Stochastic analysis of Mpox epidemiology with vaccination strategies and environmental persistence

Abstract

In the context of global preparedness and response strategies for Mpox outbreaks, we develop a comprehensive mathematical model to investigate its transmission dynamics, integrating critical factors such as vaccination coverage and environmental contamination. The model is analytically examined to ensure well-posedness, including the positivity of solutions and the existence of a biologically invariant region. Stability analysis reveals that the disease-free equilibrium is both locally and globally stable when the basic reproduction number RMPX < 1, while a unique endemic equilibrium exists when RMPX > 1. Parameter values are estimated using the least squares method, utilizing U.S. outbreak data from May 10 to December 31, 2022 to capture the most intense phase of Mpox transmission and burden. The model is validated by comparing simulations against reported daily, cumulative, and death cases, and residuals are analyzed to assess model accuracy.
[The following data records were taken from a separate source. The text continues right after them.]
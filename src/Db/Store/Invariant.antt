-- ===== src/Db/Store/Invariant.antt =====
-- The constraints of the schema as an invariant of the tables: present and distinct primary keys,
-- distinct emails, slugs of posts, and references to rows that are there.
pub mod Users
pub mod Posts
pub mod Comments
use kube_extauth_demo.Prelude.{◌≡◌, refl, Bool, true, ◌==◌, string_eq, List, Option, none, some}
use kube_extauth_demo.Prelude.Tables.{has_row, All, Distinct}
use kube_extauth_demo.Db.Models.{PgUuid, User, UserRole, Post, Comment, ◌=?◌}
use kube_extauth_demo.Db.Store.Base.{Tables, Database, store_row}
use kube_extauth_demo.Effect.{Err, Result}

abbrev pub same_role : UserRole → UserRole → Bool
same_role r s = s.id =? r.id

abbrev pub same_user : User → User → Bool
same_user u v = v.id =? u.id

abbrev pub same_email : User → User → Bool
same_email u v = v.email == u.email

abbrev pub same_post : Post → Post → Bool
same_post p q = q.id =? p.id

abbrev pub same_slug : Post → Post → Bool
same_slug p q = q.slug == p.slug

abbrev pub same_comment : Comment → Comment → Bool
same_comment c d = d.id =? c.id

-- Whether a table has the row with an id.
abbrev pub has_role : List UserRole → PgUuid → Bool
has_role roles id = has_row (λ r. r.id =? id) roles

abbrev pub has_user : List User → PgUuid → Bool
has_user users id = has_row (λ u. u.id =? id) users

abbrev pub has_post : List Post → PgUuid → Bool
has_post posts id = has_row (λ p. p.id =? id) posts

abbrev pub UserRefs : List UserRole → User → Type 0
UserRefs roles u = (u.id.valid ≡ true) × (has_role roles u.role_id ≡ true)

abbrev pub PostRefs : List User → Post → Type 0
PostRefs users p = (p.id.valid ≡ true) × (has_user users p.author_id ≡ true)

abbrev pub CommentRefs : List User → List Post → Comment → Type 0
CommentRefs users posts c =
    (c.id.valid ≡ true) × (has_post posts c.post_id ≡ true) × (has_user users c.author_id ≡ true)

pub record IsConsistent (t : Tables) : Type 0 where
  pub user_ids : Distinct same_user t.users
  pub emails : Distinct same_email t.users
  pub post_ids : Distinct same_post t.posts
  pub slugs : Distinct same_slug t.posts
  pub comment_ids : Distinct same_comment t.comments
  pub users : All (UserRefs t.roles) t.users
  pub posts : All (PostRefs t.users) t.posts
  pub comments : All (CommentRefs t.users t.posts) t.comments

-- What holds of the tables before a statement that stores a row, and of the new tables if no
-- constraint is violated, holds after it.
pub store_row-tables {ℓ} :
    {A : Type ℓ} (P : Tables → Type 0) (db : Database) (violation : Option Err) (row : A)
    (t : Tables)
    → P db.tables
    → (violation ≡ none → P t)
    → P (store_row db violation row t).1.tables
store_row-tables P db none row t old new = new refl
store_row-tables P db (some e) row t old new = old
A global sensitivity analysis, supported by contour and surface plots, identifies critical parameters affecting disease transmission. Bifurcation analysis reveals complex system behavior near threshold conditions. Furthermore, we formulate and analyze an optimal control problem incorporating vaccination and sanitation efforts to evaluate intervention effectiveness. The findings underscore that a combined approach is essential for optimal disease mitigation− vaccination provides direct individual protection, while sanitation curtails environmental sources of reinfection. Additionally, we employ CTMC and SDE frameworks to capture stochastic effects, offering a more realistic understanding of outbreak dynamics beyond deterministic predictions.